If you decide that you want to respond to specific medical questions only from your patients, there are still several issues to consider, including:

1. Make sure that your patients are comfortable with, and have signed any necessary release for, discussion of their private medical information via e-mail (informed consent). E-mail may not be secure and in the course of answering your patient’s specific question, you are probably writing about their medical conditions.
2. Make sure that your patients know that any emergency should not be handled via an Internet query. It may be a good idea to post a notice on your web site and in your office that patients should not expect an e-mail response from you for 24 hours and that any emergency or immediate issue should be handled by a phone call.
3. Make sure that you keep copies of all questions and answers to medical questions in the patient’s medical record. An adverse medical result stemming from your response to a question containing insufficient information from the patient may be the basis of a malpractice lawsuit.
4. Assure that your patients are aware of the potential for technology failures. Instruct them to follow up with a phone call to your office if they do not receive a response to their Internet query.

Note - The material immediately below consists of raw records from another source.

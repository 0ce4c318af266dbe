-- ===== src/Flow/Jumps/Destination.antt =====
-- Where `calibrate` of aderyn_core/src/context/flow/utils.rs lets each jump flow.
use aderyn.Prelude.{
  ℕ, Option, none, some, List, [], ◌∷◌, ◌≡◌, refl, ap, ◌==◌, if◌then◌else◌, is_some, Bool-cases,
  inl, inr, All, All-map, subst, sym,
}
use aderyn.Prelude.Assoc.{lookup}
use aderyn.Flow.Cfg.{Cfg, raw_successors}
use aderyn.Flow.Jumps.{
  Calibration, calibrated, calibrate, continue_should_flow_to, break_should_flow_to,
  return_should_flow_to_end_node, default_site, for_loop, while_loop, do_while_loop,
}
use aderyn.Flow.Jumps.Calibrate.{assigned, assigned_by, successors_of, calibrate-Assigned}

-- the node of a jump
abbrev pub jump_of : Calibration → ℕ
jump_of (continue_should_flow_to c dest) = c
jump_of (break_should_flow_to b dest) = b
jump_of (return_should_flow_to_end_node r) = r

-- Where a jump flows: a `continue` to the update of a `for` and to the condition of the other loops, a
-- `break` to the end of its loop, and to the end node what leaves no loop.
pub data FlowsTo (cfg : Cfg) (end_id : ℕ) : Calibration → ℕ → Type 0 where
  to_update :
      {c l d : ℕ}
      → lookup l cfg.start_loop_expr ≡ some d
      → FlowsTo cfg end_id (continue_should_flow_to c (for_loop l)) d
  to_while_condition :
      {c l d : ℕ}
      → lookup l cfg.start_cond_pairs ≡ some d
      → FlowsTo cfg end_id (continue_should_flow_to c (while_loop l)) d
  to_do_while_condition :
      {c l d : ℕ}
      → lookup l cfg.start_cond_pairs ≡ some d
      → FlowsTo cfg end_id (continue_should_flow_to c (do_while_loop l)) d
  past_for :
      {b l d : ℕ}
      → lookup l cfg.start_end_pairs ≡ some d
      → FlowsTo cfg end_id (break_should_flow_to b (for_loop l)) d
  past_while :
      {b l d : ℕ}
      → lookup l cfg.start_end_pairs ≡ some d
      → FlowsTo cfg end_id (break_should_flow_to b (while_loop l)) d
  past_do_while :
      {b l d : ℕ}
      → lookup l cfg.start_end_pairs ≡ some d
      → FlowsTo cfg end_id (break_should_flow_to b (do_while_loop l)) d
  continue_outside : {c : ℕ} → FlowsTo cfg end_id (continue_should_flow_to c default_site) end_id
  break_outside : {b : ℕ} → FlowsTo cfg end_id (break_should_flow_to b default_site) end_id
  returning : {r : ℕ} → FlowsTo cfg end_id (return_should_flow_to_end_node r) end_id

abbrev pub HasDestination : Cfg → ℕ → Calibration → Type 0
HasDestination cfg end_id c = (d : ℕ) × FlowsTo cfg end_id c d

-- the last calibration of the node
abbrev later_or : Option Calibration → Calibration → ℕ → Option Calibration
later_or (some c) first a = some c
later_or none first a = if jump_of first == a then some first else none

abbrev pub last_for : ℕ → List Calibration → Option Calibration
last_for a [] = none
last_for a (c ∷ cs) = later_or (last_for a cs) c a

-- the successors of a node, from what they were and its last calibration
abbrev pub Flows : Cfg → ℕ → Option Calibration → List ℕ → List ℕ → Type 0
Flows cfg end_id none old new = new ≡ old
Flows cfg end_id (some c) old new = (d : ℕ) × FlowsTo cfg end_id c d × (new ≡ d ∷ [])

-- Only the edges of `h` differ from those of `cfg`, and each node flows where its last calibration says.
pub record Calibrated (cfg : Cfg) (end_id : ℕ) (cs : List Calibration) (h : Cfg) : Type 0 where
  pub others : record h { adj_list = [] } ≡ record cfg { adj_list = [] }
  pub flows : (a : ℕ) → Flows cfg end_id (last_for a cs) (raw_successors cfg a) (raw_successors h a)

module _ (cfg : Cfg) (end_id : ℕ) where
  calibrated-FlowsTo :
      (c : Calibration) (d : ℕ)
      → FlowsTo cfg end_id c d
      → calibrated cfg end_id c ≡ some (jump_of c, d)
  calibrated-FlowsTo c d (to_update e) = rw e refl
  calibrated-FlowsTo c d (to_while_condition e) = rw e refl
  calibrated-FlowsTo c d (to_do_while_condition e) = rw e refl
  calibrated-FlowsTo c d (past_for e) = rw e refl
  calibrated-FlowsTo c d (past_while e) = rw e refl
  calibrated-FlowsTo c d (past_do_while e) = rw e refl
  calibrated-FlowsTo c d continue_outside = refl
  calibrated-FlowsTo c d break_outside = refl
  calibrated-FlowsTo c d returning = refl

  -- what a node is assigned is where its last calibration flows
  abbrev Meant : Option Calibration → Option ℕ → Type 0
  Meant none o = o ≡ none
  Meant (some c) o = (d : ℕ) × FlowsTo cfg end_id c d × (o ≡ some d)

  assigned-Meant :
      (cs : List Calibration) (a : ℕ)
      → All (HasDestination cfg end_id) cs
      → Meant (last_for a cs) (assigned cfg end_id cs a)
  assigned-Meant [] a all = refl
  assigned-Meant (c ∷ cs) a ((d, f), all) =
      rw (calibrated-FlowsTo c d f)
        (after (last_for a cs) (assigned cfg end_id cs a) (assigned-Meant cs a all))
    where
      after :
          (o : Option Calibration) (p : Option ℕ)
          → Meant o p
          → Meant (later_or o c a) (assigned_by p (some (jump_of c, d)) a)
      after none p e = rw e (elim (Bool-cases (jump_of c == a)) [
        | inl here ↦ rw here (d, f, refl)
        | inr other ↦ rw other refl
      ])
      after (some c') p (d', f', e) = rw e (d', f', refl)

  Meant-Flows :
      (o : Option Calibration) (p : Option ℕ) (old : List ℕ)
      → Meant o p
      → Flows cfg end_id o old (successors_of p old)
  Meant-Flows none p old e = ap (λ q. successors_of q old) e
  Meant-Flows (some c) p old (d, f, e) = (d, f, ap (λ q. successors_of q old) e)

-- Where each calibration has a destination (its loop's entry in the lookup map, if it has a loop),
-- `calibrate` returns a graph in which nothing but the edges has changed: a node flows only to the
-- destination of its last calibration, and a node that has none keeps its successors.
pub calibrate-Calibrated :
    (cs : List Calibration) (end_id : ℕ) (cfg : Cfg)
    → All (HasDestination cfg end_id) cs
    → (h : Cfg) × (calibrate cs end_id cfg ≡ some h) × Calibrated cfg end_id cs h
calibrate-Calibrated cs end_id cfg all =
    let (h, runs, r) =
      calibrate-Assigned cs end_id cfg
        (All-map (λ c (d, f). ap is_some (calibrated-FlowsTo cfg end_id c d f)) cs all) in
    (
      h,
      runs,
      record {
        others = r.others;
        flows = λ a.
            subst (Flows cfg end_id (last_for a cs) (raw_successors cfg a)) (sym (r.successors a)) (
              Meant-Flows cfg end_id (last_for a cs) (assigned cfg end_id cs a)
                (raw_successors cfg a) (assigned-Meant cfg end_id cs a all));
      },
    )
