-- ===== src/Prelude/Unvisited.antt =====
-- The nodes that a search has not visited: each visit leaves fewer, so a search ends.
use Prim.Native.Nat.{ℕ, ◌+◌, ◌<◌, ◌≤◌}
use mathlib.Core.Path.{◌≡◌}
use mathlib.Core.Bool.{true, false}
use mathlib.Core.Logic.{inl, inr}
use mathlib.Core.List.{List, [], ◌∷◌}
use native.Mathlib.Omega.{arith}
use aderyn.Prelude.Tests.{◌==◌, if◌then◌else◌, is_some, Bool-cases, ==_iff}
use aderyn.Prelude.Lists.{All, contains, length}
use aderyn.Prelude.Assoc.{lookup}

module _ {ℓ} {V : Type ℓ} where
  -- the nodes that have not been visited
  abbrev pub left : List (ℕ × V) → List ℕ → ℕ
  left [] v = 0
  left ((k, node) ∷ m) v = (if contains v k then 0 else 1) + left m v

  pub left-le :
      (m : List (ℕ × V)) (v v' : List ℕ)
      → ((k : ℕ) → contains v k ≡ true → contains v' k ≡ true)
      → left m v' ≤ left m v
  left-le [] v v' f = omega arith
  left-le ((k, node) ∷ m) v v' f = ground (arith, left-le m v v' f, f k)

  pub left-visit :
      (m : List (ℕ × V)) (v : List ℕ) (c : ℕ)
      → is_some (lookup c m) ≡ true
      → contains v c ≡ false
      → left m (c ∷ v) < left m v
  unfolding lookup
  left-visit [] v c h o = ground (arith, h)
  left-visit ((k, node) ∷ m) v c h o =
      let tail = left-le m v (c ∷ v) (λ j p. ground (arith, p)) in
      elim (Bool-cases (k == c)) [
        | inl same ↦ ground (arith, same, o, tail)
        | inr other ↦ ground (arith, other, left-visit m v c (rw other at h) o)
      ]

  pub left-length : (m : List (ℕ × V)) (v : List ℕ) → left m v ≤ length m
  left-length [] v = omega arith
  left-length ((k, node) ∷ m) v = ground (arith, left-length m v)

pub All-contains :
    (v cs : List ℕ)
    → All (λ c. contains v c ≡ true) cs
    → (b : ℕ) → contains cs b ≡ true
    → contains v b ≡ true
All-contains v [] all b h = ground (arith, h)
All-contains v (c ∷ cs) all b h = elim (Bool-cases (c == b)) [
  | inl same ↦ rw (← (==_iff c b).0 same) (all.0)
  | inr other ↦ All-contains v cs all.1 b (ground (arith, other, h))
]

5. Stay on top of any state and federal requirements for medical record confidentiality. Imminent federal regulations may make telemedicine so burdensome that physicians will be deterred.
6. Be careful about charging for medical advice you give via e-mail; make sure that any charges are consistent with statutory and health plan requirements.

This article is not intended to provide legal advice. You should consult your own legal advisor for legal information.